Die Berge speien Lava, Feuerwalzen begraben alles.
Stürme entwurzeln Bäume, entblößen Dächer, versenken Schiffe.
Tsunamis wüten in den Meeren, verschlingen die Küsten mit gierigen
Wellen.
Wälder brennen, Landstriche verkohlen.
Wüsten werden zu Wanderdünen, Dörfer und Städte versanden.
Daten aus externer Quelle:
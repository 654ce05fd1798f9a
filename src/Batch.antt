-- ===== src/Batch.antt =====
-- include/storage_engine/db.h and src/write_batch.cc: `WriteBatch`.
-- Keys and values are byte strings. The arena that holds them is an allocator and is not modelled.
pub mod Laws
use storage_engine.Base.{
  ℕ, zero, suc, Bool, true, false, ◌==◌, List, [], ◌∷◌, ◌++◌, if◌then◌else◌, get_or, set,
}
use storage_engine.Bytes.{ByteString}

-- `WriteBatch::Type`
pub data EntryType : Type 0 where
  k_put k_delete : EntryType

-- `static_cast<std::byte>(entry.type)`
abbrev pub type_byte : EntryType → ℕ
type_byte k_put = 1
type_byte k_delete = 2

pub record Entry : Type 0 where
  pub type : EntryType
  pub key : ByteString
  pub value : ByteString

pub record WriteBatch : Type 0 where
  pub entries : List Entry

-- The default constructor.
abbrev pub new_batch : WriteBatch
new_batch = record { entries = [] }

unfoldable pub put : WriteBatch → ByteString → ByteString → WriteBatch
put b key value = record {
  entries = b.entries ++ (record { type = k_put; key = key; value = value } ∷ []);
}

unfoldable pub delete : WriteBatch → ByteString → WriteBatch
delete b key = record {
  entries = b.entries ++ (record { type = k_delete; key = key; value = [] } ∷ []);
}

abbrev is_empty : List Entry → Bool
is_empty [] = true
is_empty (e ∷ es) = false

-- `empty()`
unfoldable pub empty : WriteBatch → Bool
empty b = is_empty b.entries

unfoldable pub append_entry : WriteBatch → Entry → WriteBatch
append_entry b e = record {
  entries = b.entries ++ (record { type = e.type; key = e.key; value = e.value } ∷ []);
}

append_entries : WriteBatch → List Entry → WriteBatch
append_entries b [] = b
append_entries b (e ∷ es) = append_entries (append_entry b e) es

-- The copy constructor.
pub copy : WriteBatch → WriteBatch
copy other = append_entries new_batch other.entries

-- `operator=` on the batches in memory, where `this` and `other` are addresses and may be one. The
-- loop reads the entries of `other` as they are once those of `this` are cleared.
pub assign : (memory : List WriteBatch) → (this other : ℕ) → List WriteBatch
assign memory this other =
    if this == other
    then memory
    else (let cleared = set memory this new_batch in
        set cleared this
          (append_entries (get_or cleared this new_batch) (get_or cleared other new_batch).entries))
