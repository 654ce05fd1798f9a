-- ===== src/Batch/Laws.antt =====
-- What the operations of a batch keep: copies are exact, and deletions carry no value.
use storage_engine.Base.{
  ℕ, ◌<◌, ◌≢◌, arith, inl, inr, Bool-cases, ◌==◌, ==_iff, length, length-set, get_or, set,
  get_or-set_self, get_or-set_ne, List, [], ◌∷◌, ◌++◌, append-nil, append_assoc, ◌≡◌, refl, sym, ap,
  ◌∙◌, All, All-append,
}
use storage_engine.Bytes.{ByteString}
use storage_engine.Batch.{
  EntryType, k_put, k_delete, Entry, WriteBatch, new_batch, put, delete, append_entry,
  append_entries, copy, assign,
}

abbrev pub NoValue : EntryType → ByteString → Type 0
NoValue k_put value = Unit
NoValue k_delete value = value ≡ []

-- An entry as `Put` and `Delete` make it.
abbrev pub IsEntry : Entry → Type 0
IsEntry e = NoValue e.type e.value

abbrev pub IsBatch : WriteBatch → Type 0
IsBatch b = All IsEntry b.entries

append_entries-eq :
    (b : WriteBatch) (es : List Entry) → append_entries b es ≡ record { entries = b.entries ++ es }
unfolding append_entries append_entry
append_entries-eq b [] =
    ap (λ (t : List Entry). let r : WriteBatch = record { entries = t } in r)
      (sym (append-nil b.entries))
append_entries-eq b (e ∷ es) =
    append_entries-eq (append_entry b e) es
    ∙ ap (λ (t : List Entry). let r : WriteBatch = record { entries = t } in r)
        (append_assoc b.entries (e ∷ []) es)

-- A copy has the entries of the original in their order.
pub copy-eq : (other : WriteBatch) → copy other ≡ other
unfolding copy
copy-eq other = append_entries-eq new_batch other.entries

-- After `*this = *other` the batch at `this` has the entries that the one at `other` had, in their
-- order, and every other batch, the one at `other` too, is as before, also where both are one batch.
-- Both addresses are in the memory.
pub assign-eq :
    (memory : List WriteBatch) (this other : ℕ)
    → this < length memory
    → other < length memory
    → (get_or (assign memory this other) this new_batch ≡ get_or memory other new_batch)
      × ((at : ℕ)
          → this ≢ at
          → get_or (assign memory this other) at new_batch ≡ get_or memory at new_batch)
unfolding assign
assign-eq memory this other inside other_inside = elim (Bool-cases (this == other)) [
  | inl same ↦
      rw same
        (ap (λ (at : ℕ). get_or memory at new_batch) ((==_iff this other).0 same), λ at ne. refl)
  | inr apart ↦ rw apart (
    get_or-set_self cleared this _ new_batch
          (omega (arith, inside, length-set memory this new_batch))
        ∙ append_entries-eq (get_or cleared this new_batch) (get_or cleared other new_batch).entries
        ∙ ap
            (λ (b : WriteBatch).
              let r : WriteBatch = record {
                entries = b.entries ++ (get_or cleared other new_batch).entries;
              } in
              r)
            (get_or-set_self memory this new_batch new_batch inside)
        ∙ get_or-set_ne memory this other new_batch new_batch
            (λ e. cc (apart, (==_iff this other).1 e)),
    λ at ne.
        get_or-set_ne cleared this at _ new_batch ne
        ∙ get_or-set_ne memory this at new_batch new_batch ne,
  )
]
  where
    cleared : List WriteBatch
    cleared = set memory this new_batch

-- Every operation keeps the form of the entries.
pub put-IsBatch : (b : WriteBatch) (key value : ByteString) → IsBatch b → IsBatch (put b key value)
unfolding put
put-IsBatch b key value h = All-append IsEntry b.entries _ h (tt, tt)

pub delete-IsBatch : (b : WriteBatch) (key : ByteString) → IsBatch b → IsBatch (delete b key)
unfolding delete
delete-IsBatch b key h = All-append IsEntry b.entries _ h (refl, tt)
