-- ===== src/Bytes/Fixed.antt =====
-- The fixed-width codecs against one description, the base-256 digits of the value.
use storage_engine.Base.{
  ℕ, zero, suc, ◌+◌, ◌*◌, ◌/◌, ◌%◌, ◌^◌, ◌≤◌, ◌<◌, bit_or, ◌≡◌, refl, sym, ap, ◌∙◌, arith, none,
  some, [], ◌∷◌, ◌++◌, append_assoc, append-nil, length, length-append, get_or_at, set, take,
  get_or-take, length-take, All, ltb-false, ltb-true,
}
use storage_engine.Base.Bits.{bit_or_high}
use storage_engine.Bytes.{
  ByteString, append_loop, append_fixed32_le, append_fixed64_le, write_loop, write_fixed32_le,
  write_fixed64_le, read_loop, read_fixed32_le, read_fixed64_le, byte_at,
}
use native.Mathlib.Nat.{pow-suc, mul_comm, div-div-eq-div-mul, div-one, mod-eq_of_lt, div-add-mod}

-- The lowest `n` base-256 digits, lowest first.
unfoldable pub le_bytes : ℕ → ℕ → ByteString
le_bytes zero value = []
le_bytes (suc n) value = (value % 256) ∷ le_bytes n (value / 256)

pub length-le_bytes : (n value : ℕ) → length (le_bytes n value) ≡ n
unfolding le_bytes
length-le_bytes zero value = refl
length-le_bytes (suc n) value = ap suc (length-le_bytes n (value / 256))

-- One more shift by eight bits divides by 256.
pow_shift_suc : (i : ℕ) → 2 ^ ((i + 1) * 8) ≡ 256 * 2 ^ (i * 8)
pow_shift_suc i =
    let e : (i + 1) * 8 ≡ suc (suc (suc (suc (suc (suc (suc (suc (i * 8)))))))) = omega arith in
    rw e (omega (arith, pow-suc 2 (i * 8)))

div_shift_suc : (value i : ℕ) → value / 2 ^ ((i + 1) * 8) ≡ value / 2 ^ (i * 8) / 256
div_shift_suc value i = rw (pow_shift_suc i) (
    ap (λ (t : ℕ). value / t) (mul_comm 256 (2 ^ (i * 8)))
    ∙ sym (div-div-eq-div-mul value (2 ^ (i * 8)) 256))

append_loop-eq :
    (left i : ℕ) (out : ByteString) (value : ℕ)
    → append_loop left i out value ≡ out ++ le_bytes left (value / 2 ^ (i * 8))
unfolding append_loop le_bytes
append_loop-eq zero i out value = sym (append-nil out)
append_loop-eq (suc left) i out value =
    append_loop-eq left (i + 1) _ value
    ∙ rw (div_shift_suc value i) (append_assoc out (byte_at value i ∷ []) _)

pub append_fixed32_le_lem :
    (out : ByteString) (value : ℕ) → append_fixed32_le out value ≡ out ++ le_bytes 4 value
unfolding append_fixed32_le
append_fixed32_le_lem out value =
    append_loop-eq 4 0 out value ∙ ap (λ (t : ℕ). out ++ le_bytes 4 t) (div-one value)

pub append_fixed64_le_lem :
    (out : ByteString) (value : ℕ) → append_fixed64_le out value ≡ out ++ le_bytes 8 value
unfolding append_fixed64_le
append_fixed64_le_lem out value =
    append_loop-eq 8 0 out value ∙ ap (λ (t : ℕ). out ++ le_bytes 8 t) (div-one value)

pub set-length_append :
    (front back : ByteString) (old b n : ℕ)
    → length front ≡ n
    → set (front ++ (old ∷ back)) n b ≡ front ++ (b ∷ back)
set-length_append [] back old b zero h = refl
set-length_append [] back old b (suc n) h = absurd (omega arith)
set-length_append (x ∷ front) back old b zero h = absurd (omega arith)
set-length_append (x ∷ front) back old b (suc n) h =
    ap (◌∷◌ x) (set-length_append front back old b n (omega arith))

write_loop-eq :
    (left i : ℕ) (front old back : ByteString) (offset value : ℕ)
    → length front ≡ offset + i
    → length old ≡ left
    → write_loop left i (front ++ (old ++ back)) offset value
      ≡ front ++ (le_bytes left (value / 2 ^ (i * 8)) ++ back)
unfolding write_loop le_bytes
write_loop-eq zero i front [] back offset value hf ho = refl
write_loop-eq zero i front (o ∷ old) back offset value hf ho = absurd (omega arith)
write_loop-eq (suc left) i front [] back offset value hf ho = absurd (omega arith)
write_loop-eq (suc left) i front (o ∷ old) back offset value hf ho =
    rw (set-length_append front (old ++ back) o (byte_at value i) (offset + i) hf) (
      ap (λ t. write_loop left (i + 1) t offset value)
        (sym (append_assoc front (byte_at value i ∷ []) (old ++ back)))
      ∙ write_loop-eq left (i + 1) (front ++ (byte_at value i ∷ [])) old back offset value
          (omega (arith, length-append front (byte_at value i ∷ []))) (omega arith)
      ∙ append_assoc front (byte_at value i ∷ []) _
      ∙ rw (div_shift_suc value i))

-- Overwriting four bytes in the middle of a buffer.
pub write_fixed32_le_lem :
    (front old back : ByteString) (value : ℕ)
    → length old ≡ 4
    → write_fixed32_le (front ++ (old ++ back)) (length front) value
      ≡ front ++ (le_bytes 4 value ++ back)
unfolding write_fixed32_le
write_fixed32_le_lem front old back value h =
    write_loop-eq 4 0 front old back (length front) value (omega arith) h
    ∙ ap (λ (t : ℕ). front ++ (le_bytes 4 t ++ back)) (div-one value)

pub write_fixed64_le_lem :
    (front old back : ByteString) (value : ℕ)
    → length old ≡ 8
    → write_fixed64_le (front ++ (old ++ back)) (length front) value
      ≡ front ++ (le_bytes 8 value ++ back)
unfolding write_fixed64_le
write_fixed64_le_lem front old back value h =
    write_loop-eq 8 0 front old back (length front) value (omega arith) h
    ∙ ap (λ (t : ℕ). front ++ (le_bytes 8 t ++ back)) (div-one value)

-- One round of the read loop adds the byte as the next digit.
read_round :
    (k value b width : ℕ)
    → value < 2 ^ k
    → b * 2 ^ k < 2 ^ width
    → bit_or value (b * 2 ^ k % 2 ^ width) ≡ value + b * 2 ^ k
read_round k value b width hv fits = rw (mod-eq_of_lt fits) (bit_or_high k value b hv)

next_digit_lt : (p value b : ℕ) → value < p → b < 256 → value + b * p < 256 * p
next_digit_lt p value b hv hb = grind arith

split_digit : (x p : ℕ) → x * p ≡ x % 256 * p + x / 256 * (256 * p)
split_digit x p = omega (arith, ap (λ (t : ℕ). t * p) (div-add-mod x 256))

enough :
    (n : ℕ) (front back : ByteString) (value offset : ℕ)
    → length front ≡ offset
    → offset + n ≤ length (front ++ (le_bytes n value ++ back))
enough n front back value offset hf = omega (
  arith,
  length-append front (le_bytes n value ++ back),
  length-append (le_bytes n value) back,
  length-le_bytes n value,
)

read_loop-eq :
    (left i : ℕ) (front back : ByteString) (offset value x width : ℕ)
    → length front ≡ offset + i
    → value < 2 ^ (i * 8)
    → value + x * 2 ^ (i * 8) < 2 ^ width
    → x < 256 ^ left
    → read_loop width left i (front ++ (le_bytes left x ++ back)) offset value
      ≡ value + x * 2 ^ (i * 8)
unfolding read_loop le_bytes
read_loop-eq zero i front back offset value x width hf hv fits hx =
    let e : x ≡ 0 = omega arith in rw e (omega arith)
read_loop-eq (suc left) i front back offset value x width hf hv fits hx =
    ap
      (λ (t : ℕ).
        read_loop width left (i + 1) whole offset (bit_or value (t * 2 ^ (i * 8) % 2 ^ width)))
      (get_or_at front (le_bytes left (x / 256) ++ back) (x % 256) (offset + i) 0 hf)
    ∙ ap (read_loop width left (i + 1) whole offset)
        (read_round (i * 8) value (x % 256) width hv (omega (arith, split_digit x (2 ^ (i * 8)))))
    ∙ ap (λ (t : ByteString). read_loop width left (i + 1) t offset (value + x % 256 * 2 ^ (i * 8)))
        (sym (append_assoc front ((x % 256) ∷ []) (le_bytes left (x / 256) ++ back)))
    ∙ read_loop-eq left (i + 1) (front ++ ((x % 256) ∷ [])) back offset
        (value + x % 256 * 2 ^ (i * 8)) (x / 256) width
        (omega (arith, length-append front ((x % 256) ∷ [])))
        (rw (pow_shift_suc i) (next_digit_lt (2 ^ (i * 8)) value (x % 256) hv (omega arith)))
        (rw (pow_shift_suc i) (omega (arith, split_digit x (2 ^ (i * 8)))))
        (omega (arith, pow-suc 256 left))
    ∙ rw (pow_shift_suc i) (omega (arith, split_digit x (2 ^ (i * 8))))
  where
    whole : ByteString
    whole = front ++ ((x % 256) ∷ (le_bytes left (x / 256) ++ back))

-- Reading where the digits of `value` stand gives `value` and the offset behind them.
pub read_fixed32_le_lem :
    (front back : ByteString) (value offset : ℕ)
    → length front ≡ offset
    → value < 2 ^ 32
    → read_fixed32_le (front ++ (le_bytes 4 value ++ back)) offset ≡ some (value, offset + 4)
unfolding read_fixed32_le
read_fixed32_le_lem front back value offset hf h =
    rw
      (ltb-false (length (front ++ (le_bytes 4 value ++ back))) (offset + 4)
        (enough 4 front back value offset hf))
      (ap (λ (t : ℕ). some (t, offset + 4))
        (read_loop-eq 4 0 front back offset 0 value 32 (omega arith) (omega arith) (omega arith)
            (omega arith)
          ∙ omega arith))

pub read_fixed64_le_lem :
    (front back : ByteString) (value offset : ℕ)
    → length front ≡ offset
    → value < 2 ^ 64
    → read_fixed64_le (front ++ (le_bytes 8 value ++ back)) offset ≡ some (value, offset + 8)
unfolding read_fixed64_le
read_fixed64_le_lem front back value offset hf h =
    rw
      (ltb-false (length (front ++ (le_bytes 8 value ++ back))) (offset + 8)
        (enough 8 front back value offset hf))
      (ap (λ (t : ℕ). some (t, offset + 8))
        (read_loop-eq 8 0 front back offset 0 value 64 (omega arith) (omega arith) (omega arith)
            (omega arith)
          ∙ omega arith))

-- A read past the end fails.
pub read_fixed32_le_short :
    (bytes : ByteString) (offset : ℕ)
    → length bytes < offset + 4
    → read_fixed32_le bytes offset ≡ none
unfolding read_fixed32_le
read_fixed32_le_short bytes offset h = rw (ltb-true (length bytes) (offset + 4) h)

-- A read that succeeds advances the offset within the bytes.
pub read_fixed32_le_offset :
    (bytes : ByteString) (offset value next : ℕ)
    → read_fixed32_le bytes offset ≡ some (value, next)
    → (next ≡ offset + 4) × (next ≤ length bytes)
unfolding read_fixed32_le
read_fixed32_le_offset bytes offset value next h = ground arith

-- A `uint32_t` field holds the low 32 bits.
pub le_bytes_low : (x : ℕ) → le_bytes 4 (x % 2 ^ 32) ≡ le_bytes 4 x
unfolding le_bytes
le_bytes_low x = ground arith

pub le_bytes-IsByte : (n x : ℕ) → All (λ b. b < 256) (le_bytes n x)
unfolding le_bytes
le_bytes-IsByte zero x = tt
le_bytes-IsByte (suc n) x = (omega arith, le_bytes-IsByte n (x / 256))

read_loop-take :
    (n width left i : ℕ) (bytes : ByteString) (offset value : ℕ)
    → offset + i + left ≤ n
    → read_loop width left i (take n bytes) offset value ≡ read_loop width left i bytes offset value
unfolding read_loop
read_loop-take n width zero i bytes offset value h = refl
read_loop-take n width (suc left) i bytes offset value h =
    rw (get_or-take n bytes (offset + i) 0 (omega arith))
      (read_loop-take n width left (i + 1) bytes offset _ (omega arith))

-- A read does not look behind its four bytes.
pub read_fixed32_le-take :
    (n : ℕ) (bytes : ByteString) (offset : ℕ)
    → offset + 4 ≤ n
    → n ≤ length bytes
    → read_fixed32_le (take n bytes) offset ≡ read_fixed32_le bytes offset
unfolding read_fixed32_le
read_fixed32_le-take n bytes offset h b = rw (
  ltb-false (length (take n bytes)) (offset + 4) (omega (arith, length-take n bytes)),
  ltb-false (length bytes) (offset + 4) (omega arith),
  read_loop-take n 32 4 0 bytes offset 0 (omega arith),
)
Die Erde ist heiß, Wasser verdunstet, Menschen hungern, dursten und
fliehen.
Epidemien verteilen unsichtbare Dämonen auf die Menschen aller
Nationen.
Doch noch viel Schlimmeres steht uns bevor, denn verfolgt von Hunger,
Krieg und Not stehen Flüchtlinge an unseren Grenzen, wir nehmen sie
auf, und wissen nicht, was weiter geschieht.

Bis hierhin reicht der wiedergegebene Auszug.